To manually construct and visualize a simple mixed vine model:

from scipy.stats import norm, gamma, poisson
import numpy as np
from mixedvines.copula import Copula, GaussianCopula, ClaytonCopula, \
        FrankCopula
from mixedvines.mixedvine import MixedVine
import matplotlib.pyplot as plt
import itertools
# Manually construct mixed vine
dim = 3  # Dimension
vine_type = 'c-vine'  # Canonical vine type
vine = MixedVine(dim, vine_type)
# Specify marginals
vine.set_marginal(0, norm(0, 1))
vine.set_marginal(1, poisson(5))
vine.set_marginal(2, gamma(2, 0, 4))
# Specify pair copulas
vine.set_copula(1, 0, GaussianCopula(0.5))
vine.set_copula(1, 1, FrankCopula(4))
vine.set_copula(2, 0, ClaytonCopula(5))
# Calculate probability density function on lattice
bnds = np.empty((3), dtype=object)
bnds[0] = [-3, 3]
bnds[1] = [0, 15]
bnds[2] = [0.5, 25]
(x0, x1, x2) = np.mgrid[bnds[0][0]:bnds[0][1]:0.05, bnds[1][0]:bnds[1][1],
                        bnds[2][0]:bnds[2][1]:0.1]
points = np.array([x0.ravel(), x1.ravel(), x2.ravel()]).T
pdf = vine.pdf(points)
pdf = np.reshape(pdf, x1.shape)
# Generate random variates
size = 100
samples = vine.rvs(size)
# Visualize 2d marginals and samples
comb = list(itertools.combinations(range(dim), 2))
for i, cmb in enumerate(comb):
    margin = np.sum(pdf, axis=len(comb)-i-1).T
    plt.subplot(2, len(comb), i + 1)
    plt.imshow(margin, aspect='auto', interpolation='none', cmap='hot',
               origin='lower', extent=[bnds[cmb[0]][0], bnds[cmb[0]][1],
                                       bnds[cmb[1]][0], bnds[cmb[1]][1]])
    plt.ylabel('$x_' + str(cmb[1]) + '$')
    plt.subplot(2, len(comb), len(comb) + i + 1)
    plt.scatter(samples[:, cmb[0]], samples[:, cmb[1]], s=1)
    plt.xlim(bnds[cmb[0]][0], bnds[cmb[0]][1])
    plt.ylim(bnds[cmb[1]][0], bnds[cmb[1]][1])
    plt.xlabel('$x_' + str(cmb[0]) + '$')
    plt.ylabel('$x_' + str(cmb[1]) + '$')
plt.tight_layout()
plt.show()

This code shows the 2d marginals and 100 samples of a 3d mixed vine.

Source code

The source code of the mixedvines package is hosted on GitHub.

References

[ONKEN2016](1, 2) A. Onken and S. Panzeri (2016). Mixed vine copulas as joint models of spike counts and local field potentials. In D. D. Lee, M. Sugiyama, U. V. Luxburg, I. Guyon and R. Garnett, editors, Advances in Neural Information Processing Systems 29 (NIPS 2016), pages 1325-1333.

License

Copyright (C) 2017 Arno Onken

This file is part of the mixedvines package.

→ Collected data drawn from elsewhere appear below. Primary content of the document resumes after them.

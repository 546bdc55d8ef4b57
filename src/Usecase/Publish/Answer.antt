-- ===== src/Usecase/Publish/Answer.antt =====
-- What the publisher's answers say of the notifier and of the outbox.
use mathlib.Core.Path.{subst}
use wagering_wallet_service.Base.{
  sym, Option-cases, ◌∷◌, none, Bool-cases, Result-cases, ok, any, update_where, ℕ, ◌≡◌, inl, inr,
  Bool, true, List, arith,
}
use wagering_wallet_service.Messaging.{receipt, lease_valid, OutboxEvent, Receipt}
use wagering_wallet_service.Store.{Session}
use wagering_wallet_service.Store.Outbox
use wagering_wallet_service.Store.Outbox.{
  has_id, is_current, is_among, leased, finish_in, chosen, claim_in,
}
use wagering_wallet_service.Store.UnitOfWork.{Outcome}
use wagering_wallet_service.Store.UnitOfWork.Atomic.{do_work-answer}
use wagering_wallet_service.Usecase.Publish.{
  accept, after_send, deliver, OutboxSettings, Turn, Publication, mark, after_mark,
}

-- The row of the receipt was current, and is written as published.
pub record Marked (turn : Turn) (r : Receipt) (before after : List OutboxEvent) : Type 0 where
  pub was_current : any (is_current r turn.database_clock) before ≡ true
  pub written :
      after ≡ update_where (is_current r turn.database_clock) (Outbox.published_row turn.now) before

module _ (retry_attempts : ℕ) (settings : OutboxSettings) where
  mark-Marked :
      (turn : Turn) (r : Receipt) (s : Session)
      → (mark retry_attempts settings turn r s).answer ≡ ok true
      → Marked turn r s.store.outbox (mark retry_attempts settings turn r s).session.store.outbox
  unfolding mark finish_in
  mark-Marked turn r s h =
      let body = Outbox.mark_published r turn.now turn.database_clock in
      let ran = do_work-answer retry_attempts turn.fates body s h in
      record { was_current = ground (arith, ran); written = ground (arith, ran) }

  after_mark-true :
      (marked : Outcome Bool) (p p' : Publication)
      → after_mark retry_attempts settings marked p ≡ (true, p')
      → (marked.answer ≡ ok true) × (p'.session ≡ marked.session) × (p'.accepted ≡ p.accepted)
  unfolding after_mark
  after_mark-true marked p p' h = elim (Result-cases marked.answer) [
    | inl (b, answered) ↦ elim (Bool-cases b) [
      | inl applied ↦ (
        ground (arith, answered, applied),
        ground (arith, h, answered, applied),
        ground (arith, h, answered, applied),
      )
      | inr stale ↦ absurd (ground (arith, h, answered, stale))
    ]
    | inr (e, failed) ↦ absurd (ground (arith, h, failed))
  ]

  -- An event counts as published only if its lease was valid, the notifier accepted it and then the
  -- database, at its own clock, found its claim current and committed the mark.
  pub deliver-Marked :
      (turn : Turn) (pending : OutboxEvent) (p p' : Publication)
      → deliver retry_attempts settings turn pending p ≡ (true, p')
      → (lease_valid (receipt pending) turn.lease_clock ≡ true)
        × (turn.send_error ≡ none)
        × (p'.accepted ≡ pending ∷ p.accepted)
        × Marked turn (receipt pending) p.session.store.outbox p'.session.store.outbox
  unfolding deliver after_send
  deliver-Marked turn pending p p' h =
      elim (Bool-cases (lease_valid (receipt pending) turn.lease_clock)) [
        | inr expired ↦ absurd (ground (arith, h, expired))
        | inl valid ↦ elim (Option-cases turn.send_error) [
          | inr (cause, refused) ↦ absurd (ground (arith, h, valid, refused))
          | inl sent ↦
              let r = receipt pending in
              let marked = mark retry_attempts settings turn r p.session in
              let finished : after_mark retry_attempts settings marked (accept pending p)
                  ≡ (true, p') =
                ground (arith, h, valid, sent) in
              let (answered, left, kept) = after_mark-true marked (accept pending p) p' finished in
              (
                valid,
                sent,
                kept,
                subst (λ (t : Session). Marked turn r p.session.store.outbox t.store.outbox)
                    (sym left) (mark-Marked turn r p.session answered),
              )
        ]
      ]
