-- ===== src/Usecase/Publish/Sent.antt =====
-- Only what the notifier accepted is marked as published.
use wagering_wallet_service.Base.{
  update_where, if◌then◌else◌, Bool-cases, Option-cases, Result-cases, ok, Instant, before, any,
  All, update_where-All, ℕ, suc, ◌+◌, String, ◌≡◌, sym, inl, inr, Bool, true, Option, none, some,
  List, [], ◌∷◌, arith,
}
use mathlib.Core.Path.{subst}
use wagering_wallet_service.Messaging.{OutboxEvent, Receipt, receipt, lease_valid, is_published}
use wagering_wallet_service.Store.{Session, Tx, execute as execute_on}
use wagering_wallet_service.Store.Outbox
use wagering_wallet_service.Store.Outbox.{
  has_id, is_current, is_among, leased, finish_in, chosen, claim_in,
}
use wagering_wallet_service.Store.Outbox.Leases.{claim_in-ok}
use wagering_wallet_service.Store.Statements.{execute-ok}
use wagering_wallet_service.Store.UnitOfWork.{Fate, Outcome, do_work}
use wagering_wallet_service.Store.UnitOfWork.Atomic.{Atomic, undone, done, unsure, do_work-Atomic}
use wagering_wallet_service.Usecase.Publish.{
  OutboxSettings, Turn, Publication, mark, reschedule, after_mark, after_send, deliver, deliver_all,
  claim, execute, accept, retry_at,
}

-- A published row is one of an event that was accepted.
abbrev pub Explained : List OutboxEvent → OutboxEvent → Type 0
Explained accepted e = is_published e ≡ true → any (has_id e.id) accepted ≡ true

abbrev pub Accounted : Publication → Type 0
Accounted p = All (Explained p.accepted) p.session.store.outbox

module _ {ℓ} {A : Type ℓ} (P : Session → Type 0) (body : Tx A) (s : Session) where
  Atomic-holds :
      (o : Outcome A)
      → Atomic body s o
      → P s
      → ((a : A) (s' : Session) → body s ≡ ok (a, s') → P s')
      → P o.session
  Atomic-holds _ (undone failure) before after = before
  Atomic-holds _ (done a s' h) before after = after a s' h
  Atomic-holds _ (unsure a s' h) before after = after a s' h

  -- What holds of a session and of what the body leaves holds after a unit of work, however it ends.
  pub do_work-holds :
      (retry_attempts : ℕ) (fates : ℕ → Fate)
      → P s
      → ((a : A) (s' : Session) → body s ≡ ok (a, s') → P s')
      → P (do_work retry_attempts fates body s).session
  do_work-holds retry_attempts fates =
      Atomic-holds (do_work retry_attempts fates body s)
        (do_work-Atomic retry_attempts fates body s)

-- More accepted events explain no less.
Explained-more :
    (accepted : List OutboxEvent) (pending : OutboxEvent) (rows : List OutboxEvent)
    → All (Explained accepted) rows
    → All (Explained (pending ∷ accepted)) rows
Explained-more accepted pending [] sound = tt
Explained-more accepted pending (e ∷ rows) (here, there) =
    (λ published. ground (arith, here published), Explained-more accepted pending rows there)

-- An update of the row of a receipt.
finish-All :
    (accepted : List OutboxEvent) (change : OutboxEvent → OutboxEvent) (r : Receipt)
    (clock : Instant) (s s' : Session) (b : Bool)
    → ((e : OutboxEvent)
        → is_current r clock e ≡ true
        → Explained accepted e
        → Explained accepted (change e))
    → All (Explained accepted) s.store.outbox
    → execute_on (finish_in change r clock) s ≡ ok (b, s')
    → All (Explained accepted) s'.store.outbox
unfolding finish_in
finish-All accepted change r clock s s' b changes sound h =
    subst (All (Explained accepted)) {x = update_where (is_current r clock) change s.store.outbox}
      {y = s'.store.outbox} (ground (arith, h))
      (update_where-All (Explained accepted) (is_current r clock) change s.store.outbox sound
        changes)

module _ (retry_attempts : ℕ) (settings : OutboxSettings) where
  mark-Accounted :
      (turn : Turn) (pending : OutboxEvent) (p : Publication)
      → Accounted p
      → Accounted (record (accept pending p) {
        session = (mark retry_attempts settings turn (receipt pending) p.session).session;
      })
  unfolding mark
  mark-Accounted turn pending p sound =
      let r = receipt pending in
      let more = Explained-more p.accepted pending p.session.store.outbox sound in
      do_work-holds (λ t. All (Explained (pending ∷ p.accepted)) t.store.outbox)
        (Outbox.mark_published r turn.now turn.database_clock) p.session retry_attempts turn.fates
        more
        (λ b s'.
          finish-All (pending ∷ p.accepted) (Outbox.published_row turn.now) r turn.database_clock
            p.session s' b (λ e current _ _. ground (arith, current)) more)

  reschedule-Accounted :
      (turn : Turn) (r : Receipt) (cause : String) (p : Publication)
      → Accounted p
      → Accounted (record p {
        session = (reschedule retry_attempts settings turn r cause p.session).session;
      })
  unfolding reschedule
  reschedule-Accounted turn r cause p sound =
      let next = retry_at settings turn.now r in
      do_work-holds (λ t. All (Explained p.accepted) t.store.outbox)
        (Outbox.mark_failed r cause next turn.database_clock) p.session retry_attempts turn.fates
        sound
        (λ b s'.
          finish-All p.accepted (Outbox.failed_row next (Outbox.truncate 1000 cause)) r
            turn.database_clock p.session s' b (λ e current explained. explained) sound)

  after_mark-Accounted :
      (marked : Outcome Bool) (p : Publication)
      → Accounted (record p { session = marked.session })
      → Accounted (after_mark retry_attempts settings marked p).1
  unfolding after_mark
  after_mark-Accounted marked p sound = elim (Result-cases marked.answer) [
    | inl (b, answered) ↦ elim (Bool-cases b) [
      | inl applied ↦ rw (answered, applied) sound
      | inr stale ↦ rw (answered, stale) sound
    ]
    | inr (e, failed) ↦ rw failed sound
  ]

  after_send-Accounted :
      (turn : Turn) (pending : OutboxEvent) (send_error : Option String) (p : Publication)
      → Accounted p
      → Accounted (after_send retry_attempts settings turn pending send_error p).1
  unfolding after_send
  after_send-Accounted turn pending none p sound =
      after_mark-Accounted (mark retry_attempts settings turn (receipt pending) p.session)
        (accept pending p) (mark-Accounted turn pending p sound)
  after_send-Accounted turn pending (some cause) p sound =
      reschedule-Accounted turn (receipt pending) cause p sound

  deliver-Accounted :
      (turn : Turn) (pending : OutboxEvent) (p : Publication)
      → Accounted p
      → Accounted (deliver retry_attempts settings turn pending p).1
  unfolding deliver
  deliver-Accounted turn pending p sound =
      elim (Bool-cases (lease_valid (receipt pending) turn.lease_clock)) [
        | inl valid ↦ rw valid (after_send-Accounted turn pending turn.send_error p sound)
        | inr expired ↦ rw expired sound
      ]

  deliver_all-Accounted :
      (turns : ℕ → Turn) (k : ℕ) (claimed : List OutboxEvent) (published : ℕ) (p : Publication)
      → Accounted p
      → Accounted (deliver_all retry_attempts settings turns k claimed published p).1
  unfolding deliver_all
  deliver_all-Accounted turns k [] published p sound = sound
  deliver_all-Accounted turns k (pending ∷ claimed) published p sound =
      let step = deliver retry_attempts settings (turns k) pending p in
      elim (Option-cases (turns k).interrupted) [
        | inl free ↦
            rw (deliver_all, free)
              (deliver_all-Accounted turns (suc k) claimed
                (if step.0 then suc published else published) step.1
                (deliver-Accounted (turns k) pending p sound))
        | inr (e, stopped) ↦ rw (deliver_all, stopped) sound
      ]

  claim-Accounted :
      (now : Instant) (fates : ℕ → Fate) (p : Publication)
      → Accounted p
      → Accounted
          (record p { session = (claim retry_attempts settings now fates p.session).session })
  unfolding claim
  claim-Accounted now fates p sound =
      let body = Outbox.claim settings.owner now settings.lease settings.batch_size in
      let rows = chosen now settings.batch_size p.session.store.outbox in
      do_work-holds (λ t. All (Explained p.accepted) t.store.outbox) body p.session retry_attempts
        fates sound
        (λ claimed s' h.
          subst (All (Explained p.accepted))
            (sym
              (claim_in-ok settings.owner now settings.lease settings.batch_size p.session.store
                (execute-ok (claim_in settings.owner now settings.lease settings.batch_size)
                  p.session h).0).1)
            (update_where-All (Explained p.accepted) (is_among rows)
              (leased settings.owner (now + settings.lease)) p.session.store.outbox sound
              (λ e _ explained. explained)))

  -- While every published row of the outbox is one of an event that the notifier accepted, a run of
  -- the publisher keeps it so, whatever the notifier, the clocks, the context and the database answer.
  pub execute-Accounted :
      (now : Instant) (fates : ℕ → Fate) (turns : ℕ → Turn) (p : Publication)
      → Accounted p
      → Accounted (execute retry_attempts settings now fates turns p).1
  unfolding execute
  execute-Accounted now fates turns p sound =
      let claimed = claim retry_attempts settings now fates p.session in
      let kept = claim-Accounted now fates p sound in
      elim (Result-cases claimed.answer) [
        | inl (pending, answered) ↦
            rw (execute, answered)
              (deliver_all-Accounted turns 0 pending 0 (record p { session = claimed.session })
                kept)
        | inr (e, failed) ↦ rw (execute, failed) kept
      ]
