-- ===== src/Usecase/Publish/Tests.antt =====
-- An event is published; a run of the publisher.
use wagering_wallet_service.Base.{no_time, pos, ℕ, ◌≡◌, refl, true, none, [], ◌∷◌, arith}
use wagering_wallet_service.Messaging.{OutboxEvent, receipt, lease_valid}
use wagering_wallet_service.Store.Outbox
use wagering_wallet_service.Store.UnitOfWork.{all_answered, Fate, committed}
use wagering_wallet_service.Usecase.Publish.{
  OutboxSettings, Turn, Publication, publish_success, deliver, execute,
}
use wagering_wallet_service.Usecase.Publish.Sent.{Accounted, execute-Accounted}
use wagering_wallet_service.Usecase.Publish.Answer.{Marked, deliver-Marked}

abbrev settings : OutboxSettings
settings = record {
  owner = "publisher";
  lease = 100;
  batch_size = 10;
  backoff_base = pos 10;
  backoff_max = pos 1000;
}

abbrev waiting : OutboxEvent
waiting = record {
  id = 7;
  aggregate_type = "transaction";
  aggregate_id = 8;
  event_type = "wager.processed";
  event_version = pos 1;
  correlation_id = "correlation";
  causation_id = "";
  partition_key = "wallet";
  payload = 123 ∷ [];
  occurred_at = 20;
  attempts = pos 0;
  next_attempt_at = 20;
  locked_by = "";
  locked_until = no_time;
  last_error = "";
  published_at = no_time;
}

abbrev leased_event : OutboxEvent
leased_event = Outbox.leased "publisher" 130 waiting

abbrev with_row : OutboxEvent → Publication
with_row e = record {
  session = record {
    store = record { wallets = []; transactions = []; ledger = []; outbox = e ∷ []; inbox = [] };
    drawn = 0;
  };
  accepted = [];
  counted = [];
}

abbrev fates : ℕ → Fate
fates k = record {
  begin = none;
  timeouts = none;
  statement = all_answered;
  commit = committed;
  interrupted = none;
}

abbrev good_turn : Turn
good_turn = record {
  interrupted = none;
  lease_clock = 40;
  send_error = none;
  now = 41;
  database_clock = 42;
  fates = fates;
}

abbrev published : Publication
published = record {
  session = (with_row (Outbox.published_row 41 leased_event)).session;
  accepted = leased_event ∷ [];
  counted = publish_success ∷ [];
}

delivered_run :
    deliver 3 settings good_turn leased_event (with_row leased_event) ≡ (true, published)
unfolding deliver Outbox.finish_in wagering_wallet_service.Base.◌+ℤ◌
delivered_run = refl

deliver_example :
    (lease_valid (receipt leased_event) 40 ≡ true)
    × (good_turn.send_error ≡ none)
    × (published.accepted ≡ leased_event ∷ [])
    × Marked good_turn
        (receipt leased_event)
        (with_row leased_event).session.store.outbox
        published.session.store.outbox
deliver_example =
    deliver-Marked 3 settings good_turn leased_event (with_row leased_event) published delivered_run

batch_run : (execute 3 settings 30 fates (λ k. good_turn) (with_row waiting)).0.1 ≡ 1
unfolding execute Outbox.claim_in wagering_wallet_service.Messaging.rehydrate_outbox_event
    Outbox.finish_in wagering_wallet_service.Base.◌+ℤ◌
batch_run = refl

batch_example : Accounted (execute 3 settings 30 fates (λ k. good_turn) (with_row waiting)).1
batch_example =
    execute-Accounted 3 settings 30 fates (λ k. good_turn) (with_row waiting)
      (λ published. absurd (ground (arith, published)), tt)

The mixedvines package is free software; you can redistribute it and/or modify it under the terms of the GNU General Public License as published by the Free Software Foundation; either version 3 of the License, or (at your option) any later version.

The mixedvines package is distributed in the hope that it will be useful, but WITHOUT ANY WARRANTY; without even the implied warranty of MERCHANTABILITY or FITNESS FOR A PARTICULAR PURPOSE. See the GNU General Public License for more details.